Certainly. The get_prompt command isolates and returns perfectly version-controlled bounding parameters slicing literal templates natively hosted under the Braintrust database.

How deeply can it inspect test regressions or scoring limits? +

Using the robust list_experiments call, you can branch full arrays separating LLM version behaviors over massive iterations tracking the performance anomalies accurately.

More in this category

You might also like

Built & Managed by Vinkius 30s setup 10 tools

We've already built the connector for Braintrust. Just plug in your AI agents and start using Vinkius.
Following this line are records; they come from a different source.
-- ===== src/Core/Conflict/Resolved.antt =====
-- What internal/core/conflict.go does to the in-memory store when it resolves a conflict.
use vatbrain.Prelude.{
  ℕ, ◌<◌, ◌≡◌, ◌≢◌, refl, true, false, some, [], ◌∷◌, ◌++◌, ltb, nat_eq, ◌==◌, arith,
}
use vatbrain.Prelude.Dict.{lookup, insert, lookup-insert}
use vatbrain.Prelude.Result.{ok}
use vatbrain.Prelude.Text.{Text}
use vatbrain.Float.{Float64}
use vatbrain.Models.Common.{Uuid, Time}
use vatbrain.Models.Conflict.{RuleConflict, ConflictStatus}
use vatbrain.Models.Semantic.{SemanticMemory}
use vatbrain.Store.{Property}
use vatbrain.Store.Memory.Backend.{memory_store, memory_conflicts}
use vatbrain.Store.Memory.Conflicts.{resolve_rule_conflict}
use vatbrain.Store.Memory.Edges.{create_edge}
use vatbrain.Store.Memory.Episodics.{mark_semantic_obsolete}
use vatbrain.Store.Memory.State.{Store}
use vatbrain.Core.Conflict.{resolve, retire_loser}

module _ {W : Type 0} ⦃d : Float64 W⦄ (verdict : ℕ → ℕ → Text) where
  -- the store after the loser was retired
  unfoldable pub retired :
      RuleConflict
      → RuleConflict
      → SemanticMemory W
      → SemanticMemory W
      → SemanticMemory W
      → Time
      → Store W
      → Store W
  retired conflict c winner loser l now s = record s {
    semantics = insert loser.id (record l { obsoleted_at = some now }) s.semantics;
    edges =
        s.edges
        ++ record {
          from_id = winner.id;
          to_id = loser.id;
          edge_type = "CONFLICTS_WITH";
          properties = ("resolution", Property.text "winner") ∷ [];
          created_at = now;
        }
          ∷ [];
    rule_conflicts =
        insert conflict.id
          (record c {
            status = ConflictStatus.auto_resolved;
            resolution = some winner.id;
            reason = verdict winner.trust_level loser.trust_level;
            resolved_at = some now;
          })
          s.rule_conflicts;
  }

  pub retire_loser-retired :
      (conflict : RuleConflict) (winner loser : SemanticMemory W) (now : Time) (s : Store W)
      {l : SemanticMemory W} {c : RuleConflict}
      → lookup loser.id s.semantics ≡ some l
      → lookup conflict.id s.rule_conflicts ≡ some c
      → retire_loser memory_store verdict memory_conflicts conflict winner loser now s ≡ (
        ok (record {
          status = ConflictStatus.auto_resolved;
          winner_id = winner.id;
          loser_id = loser.id;
        }),
        retired conflict c winner loser l now s,
      )
  unfolding retire_loser mark_semantic_obsolete create_edge resolve_rule_conflict retired
  retire_loser-retired conflict winner loser now s e f = rw (e, f)

  -- In either order, of two stored rules of different trust the lower is retired, and no other rule
  -- is touched; the conflict is recorded as settled for the higher, and an edge leads to the retired
  -- rule.
  pub resolve_retires_lower :
      (conflict : RuleConflict) (winner loser : SemanticMemory W) (now : Time) (s : Store W)
      (other : Uuid) {l : SemanticMemory W} {c : RuleConflict}
      → loser.trust_level < winner.trust_level
      → lookup loser.id s.semantics ≡ some l
      → lookup conflict.id s.rule_conflicts ≡ some c
      → other ≢ loser.id
      → let settled =
          resolve memory_store verdict (some memory_conflicts) conflict winner loser now s in
        let t = settled.1 in
        (resolve memory_store verdict (some memory_conflicts) conflict loser winner now s ≡ settled)
        × (settled.0
            ≡ ok (record {
              status = ConflictStatus.auto_resolved;
              winner_id = winner.id;
              loser_id = loser.id;
            }))
        × (lookup loser.id t.semantics ≡ some (record l { obsoleted_at = some now }))
        × (lookup other t.semantics ≡ lookup other s.semantics)
        × (lookup conflict.id t.rule_conflicts
            ≡ some (record c {
              status = ConflictStatus.auto_resolved;
              resolution = some winner.id;
              reason = verdict winner.trust_level loser.trust_level;
              resolved_at = some now;
            }))
        × (t.edges
            ≡ s.edges
              ++ record {
                from_id = winner.id;
                to_id = loser.id;
                edge_type = "CONFLICTS_WITH";
                properties = ("resolution", Property.text "winner") ∷ [];
                created_at = now;
              }
                ∷ [])
  unfolding resolve retired
  resolve_retires_lower conflict winner loser now s other {l} {c} lt e f ne =
      let run = retire_loser-retired conflict winner loser now s e f in
      let e₁ : (winner.trust_level == loser.trust_level) ≡ false = ground arith in
      let e₂ : (loser.trust_level == winner.trust_level) ≡ false = ground arith in
      let e₃ : ltb winner.trust_level loser.trust_level ≡ false = ground arith in
      let e₄ : ltb loser.trust_level winner.trust_level ≡ true = ground arith in
      let self : (k : ℕ) → (k == k) ≡ true = λ k. ground arith in
      let apart : (loser.id == other) ≡ false = ground (arith, ne) in
      rw (e₁, e₂, e₃, e₄, run)
        (
          refl,
          refl,
          rw (lookup-insert, self loser.id),
          rw (lookup-insert, apart),
          rw (lookup-insert, self conflict.id),
          refl,
        )
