-- ===== src/Core/Conflict/Counted.antt =====
-- A detection run of internal/core/conflict.go on the in-memory store.
use vatbrain.Prelude.{ℕ, ◌+◌, ◌≡◌, some, nat_eq}
use vatbrain.Prelude.Dict.{lookup}
use vatbrain.Prelude.Dict.Entries.{AllPairs}
use vatbrain.Prelude.Result.{ok, Result}
use vatbrain.Prelude.Text.{Text}
use vatbrain.Float.{Float64}
use vatbrain.Models.Common.{Uuid, Time}
use vatbrain.Models.Semantic.{SemanticMemory}
use vatbrain.Store.Memory.State.{Store}
use vatbrain.Core.Conflict.{ConflictPair, DetectionResult}

-- Each detected pair is settled or left to a human.
abbrev pub IsBalanced : DetectionResult → Type 0
IsBalanced r = r.detected ≡ r.auto_resolved + r.pending

module _ {W : Type 0} where
  abbrev pub IsStored : Store W → Uuid → Type 0
  IsStored s id = (m : SemanticMemory W) × (lookup id s.semantics ≡ some m)

  abbrev PairStored : Store W → ConflictPair W → Type 0
  PairStored s pair = IsStored s pair.rule_a.id × IsStored s pair.rule_b.id

  -- A step that succeeds, counts well and loses no rule.
  abbrev Settles : Store W → Result DetectionResult × Store W → Type 0
  Settles s out =
      (r : DetectionResult) × (t : Store W) × (out ≡ (ok r, t))
      × IsBalanced r
      × ((id : Uuid) → IsStored s id → IsStored t id)

module _ {W : Type 0} ⦃d : Float64 W⦄ (verdict : ℕ → ℕ → Text) where
  module _ (describe : SemanticMemory W → SemanticMemory W → Text) (fresh : ℕ → Uuid)
      (clock : ℕ → Time) where
    -- Every rule is stored under its own id.
    pub record RulesAreKeyed (s : Store W) : Type 0 where
      pub keyed : AllPairs (λ id (m : SemanticMemory W). m.id ≡ id) s.semantics.entries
No hosting. No infrastructure. No complex setup.
All 10 tools are live and waiting. You're up and running in seconds.

Claude Claude
ChatGPT ChatGPT
Cursor Cursor
Gemini Gemini
Windsurf Windsurf
VS Code VS Code
JetBrains JetBrains
Vercel Vercel
+ other MCP clients

Vinkius gives your AI agents access to the full catalog of app connectors, all fully managed, secure, and enterprise-ready. One subscription, every tool you need.

Zero hosting required Full MCP catalog included Enterprise-grade security Auto-updated by Vinkius

Built, hosted, and secured by Vinkius. You just connect and go.